ACTION ITEM:
The answer must be a single number: the count of lines in these records that hold "port".

DATA FOR ANALYSIS:

-- ===== src/Refine/Front.antt =====
-- What FETCH puts in front of the pipeline is the word at its address, and it goes on where its
-- prediction says.
use cpu_sim.Base.{
  ℕ, ◌≡◌, inl, inr, refl, sym, ◌∙◌, Bool-cases, true, false, Option, some, if◌then◌else◌, if-either,
  >>=-eq-some,
}
use cpu_sim.Memory.Interface.{IMemory}
use cpu_sim.Predictor.{BranchPredictor}
use cpu_sim.Pipeline.Latch.{Latch, write}
use cpu_sim.Pipeline.Regs.{IfId, if_id_bubble}
use cpu_sim.Pipeline.Fetch.{FetchStage, Fetched, fetched, guess, predicted_pc, evaluate}
use cpu_sim.Arch.{Arch}
use cpu_sim.Refine.Latched.{next_fetch}
use cpu_sim.Refine.Claims.{IsCode, IsGuide, InFront, ahead}

some-eq {ℓ} : {A : Type ℓ} {x y : A} → some x ≡ some y → x ≡ y
some-eq h = cc

module _ (I D S : IMemory) (view : D.State → S.State) (Holds : I.State → Type 0)
    (code : ℕ → Option ℕ) (Guides : Option BranchPredictor → Type 0) where
  pub bubble-InFront :
      (pc : ℕ) (v : Arch S) → v.pc ≡ pc → InFront I D S view Holds code Guides if_id_bubble pc v
  bubble-InFront pc v e = record {
    idle_pc = λ _. sym e;
    front_code = λ n. cc;
    front_pc = λ n. cc;
    ahead_pc = λ n. cc;
    front_jalr = λ n t. cc;
  }

module _ (I D S : IMemory) (view : D.State → S.State) {Holds : I.State → Type 0}
    {code : ℕ → Option ℕ} {Guides : Option BranchPredictor → Type 0} (port : IsCode I Holds code)
    (guide : IsGuide code Guides) where
  predicted-ahead :
      (bp : Option BranchPredictor) (pc raw : ℕ)
      → Guides bp
      → code pc ≡ some raw
      → predicted_pc bp pc ≡ ahead raw pc (guess bp pc).taken
  unfolding predicted_pc
  predicted-ahead bp pc raw g c = elim (Bool-cases (guess bp pc).taken) [
    | inl t ↦ rw t ((guide.guess_Guides bp pc raw g c t).0)
    | inr t ↦ rw t refl
  ]

  fetched-InFront :
      (bp : Option BranchPredictor) (pc raw : ℕ)
      → Guides bp
      → code pc ≡ some raw
      → (v : Arch S) → v.pc ≡ pc
      → InFront I D S view Holds code Guides (fetched bp pc raw) (predicted_pc bp pc) v
  unfolding fetched
  fetched-InFront bp pc raw g c v e = record {
    idle_pc = λ n. cc;
    front_code = λ _. rw e c;
    front_pc = λ _. sym e;
    ahead_pc = λ _. predicted-ahead bp pc raw g c;
    front_jalr = λ _ t. (guide.guess_Guides bp pc raw g c t).1;
  }

  -- What a fetch leaves behind.
  pub record Fetches (pc : ℕ) (g : Fetched I) : Type 0 where
    pub holds : Holds g.imem
    pub in_front :
        (v : Arch S)
        → v.pc ≡ pc
        → InFront I D S view Holds code Guides g.out.shadow (next_fetch I D g.stage) v

  -- The two results of a fetch.
  abbrev served : Option BranchPredictor → I.State → Latch IfId → FetchStage → ℕ → Fetched I
  served bp imem out f raw = record {
    imem = imem;
    out = write (fetched bp f.pc raw) out;
    stage = record f {
      fetch_stall = false;
      next_pc = if f.redirect then f.redirect_target else predicted_pc bp f.pc;
    };
  }

  abbrev waited : I.State → Latch IfId → FetchStage → Fetched I
  waited imem out f = record {
    imem = imem;
    out = write if_id_bubble out;
    stage = record f { fetch_stall = true; next_pc = f.pc };
  }

  served-Fetches :
      (bp : Option BranchPredictor) (imem : I.State) (out : Latch IfId) (f : FetchStage) (raw : ℕ)
      {g : Fetched I}
      → f.redirect ≡ false
      → Holds imem
      → Guides bp
      → code f.pc ≡ some raw
      → served bp imem out f raw ≡ g
      → Fetches f.pc g
  served-Fetches bp imem out f raw {g} r holds gd c e =
      rw (← e)
        (record { holds = holds; in_front = λ v h. rw r (fetched-InFront bp f.pc raw gd c v h) })

  waited-Fetches :
      (imem : I.State) (out : Latch IfId) (f : FetchStage) {g : Fetched I}
      → Holds imem
      → waited imem out f ≡ g
      → Fetches f.pc g
  waited-Fetches imem out f {g} holds e = rw (← e) (record {
    holds = holds;
    in_front = λ v h. bubble-InFront I D S view Holds code Guides f.pc v h;
  })

  pub evaluate-Fetches :
      (bp : Option BranchPredictor) (imem : I.State) (out : Latch IfId) (f : FetchStage)
      {g : Fetched I}
      → evaluate I bp imem out f ≡ some g
      → f.redirect ≡ false
      → Holds imem
      → Guides bp
      → Fetches f.pc g
  unfolding evaluate
  evaluate-Fetches bp imem out f {g} h r holds gd =
      let (asked_yes, asked) = I.ready imem f.pc false in
      let now = port.ready_Holds imem f.pc false holds in
      elim (if-either (I.ready imem f.pc false).0 h) [
        | inl (b, k) ↦
            let (raw, w, e) =
              >>=-eq-some (I.load_word asked f.pc) (λ raw. some (served bp asked out f raw)) k in
            served-Fetches bp asked out f raw r now gd (sym (port.same_code asked f.pc now) ∙ w)
              (some-eq e)
        | inr (b, k) ↦ waited-Fetches asked out f now (some-eq k)
      ]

RESPONSE:
3